Casey Rae is a musician, professor and artist advocate and the Deputy Director of Future of Music Coalition, a nonprofit research, education and advocacy organization for musicians.
What if there was a copyright enforcement policy and the Internet didn’t break?
In July of 2011, several Internet Service Providers announced a “Memorandum of Understanding” with major entertainment industry groups. In this memorandum, ISPs agreed to implement a “graduated response” program to educate and potentially penalize internet users suspected of sharing or downloading unauthorized copyrighted material. Fast-forward to last week, when the Copyright Alert System (CAS) was officially activated under the auspices of the newly-formed Center for Copyright Information (CCI).
In today’s political and cultural environment, any policy — voluntary or otherwise — involving the internet and content companies is bound to provoke a reaction. Reponses to the launch ran the gamut from “meh” to what can only be described as paranoia. So is the CAS a cabal of corporate interlopers out to thwart internet freedom, or a meaningful way of dealing with an issue that has bedeviled rightsholders and artists for close to fifteen years?
A close examination of the original memorandum as well as CCI descriptions of the program indicates that much of the panic is overblown. Still, any such effort benefits from transparency in order to build trust among stakeholders and to measure effectiveness. The former is key to making smarter choices around enforcement and growing the legitimate marketplace in a way that benefits not just the big companies, but also creators. In this way, incentives might be better aligned and artists and fans can gain confidence in today’s music ecosystem. Even if it was designed to limit unintended consequences, CAS must operate in plain sight.
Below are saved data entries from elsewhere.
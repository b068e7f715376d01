-- ===== src/Concurrent.antt =====
-- Requests and deliveries at the same time: their transactions, a statement at a time, in any
-- order.
pub mod Creation
pub mod Commits
pub mod Invariant
pub mod Unique
pub mod Processing
pub mod Holds
pub mod Told
pub mod Settles
pub mod Safety
pub mod Once
pub mod Single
But what does CAS actually do? To be clear, the program will not kick anyone off the internet. It’s also worth noting that ISPs can already do a lot this under existing terms of service. Internet providers are given some latitude under the agreement with regard to implementation. But basically, the “six strikes” framework breaks down into three components:
1. Education – After a content provider sends a notice to ISPs of alleged infringement, the ISPs will locate the suspected user and send them an initial alert. This alert explains that the user is been suspected of infringement and that such activity is unlawful and can lead to serious consequences. The alert may also include reminders about licensed alternatives and tips on checking online security.
2. Acknowledgement – Here, users will be required to acknowledge that they’ve received the alert and pledge to stop cease unlawful activity. After around six alerts, the ISP can choose to further escalate to phase three, which can bring actual penalties. (If a user goes a year without receiving further notices, the number of strikes gets reset to zero.)
3. Mitigation – At this stage, an ISP can enact penalties on repeatedly flagged users. Such penalties can include slowing internet speeds, redirection to educational pages, or at worst, temporarily restricting internet capabilities. ISPs are not allowed to disable voice, emergency or email services. Users under mitigation can appeal to an independent arbiter making arguments ranging from unauthorized access of their account to fair use. (But they do have to pay $35 for the privilege, refunded if the appeal is successful.)
Critics of the CAS say that the system could jeopardize user privacy and may also have a chilling effect on open wireless networks. The former is a stretch, given that the system doesn’t use invasive technologies but rather public trackers to monitor for suspected infringing activity. The latter would be more of a concern if the CAS applied to business accounts, which it does not. As it stands, open WiFi is among the defenses available in arbitration. Those still inclined to fret should take some comfort in the fact that staunch consumer advocates Gigi Sohn and Jerry Berman are on the CCI advisory board.
The most important thing is whether the system actually works to reduce piracy. As a musician and artist advocate, this is foremost in my mind. At this point, many of us are looking for a positive outcome after the contentious battle that was SOPA. For music companies, getting intermediaries like ISPs to take on some responsibilities in addressing user behavior is probably more cost effective and less brand-damaging than other enforcement tactics. For musicians, it comes down to whether the policy helps protect their rights without compromising what they find useful about the internet. With CAS, we’ll probably have to be wait-and-see.
Previous efforts to go after downloaders, such as individual lawsuits with large statutory damages, were seen as disproportionate by many fans and musicians. And it’s not like the creators themselves saw any of the money from cases against P2P platforms. Most musicians I talk to are more concerned about whether new — and fully licensed — music services represent a viable way forward. Many are incensed by unauthorized access to their work, but they also recognize the value of an open and accessible internet. Inasmuch as the CAS helps with the former and doesn’t mess with the latter, the program could find favor.
As it stands, CAS will not break the internet, put anyone in jail or result in termination of service. This is a good thing. If it manages to diminish piracy while we sort out how the new marketplace can better reward musicians, even better.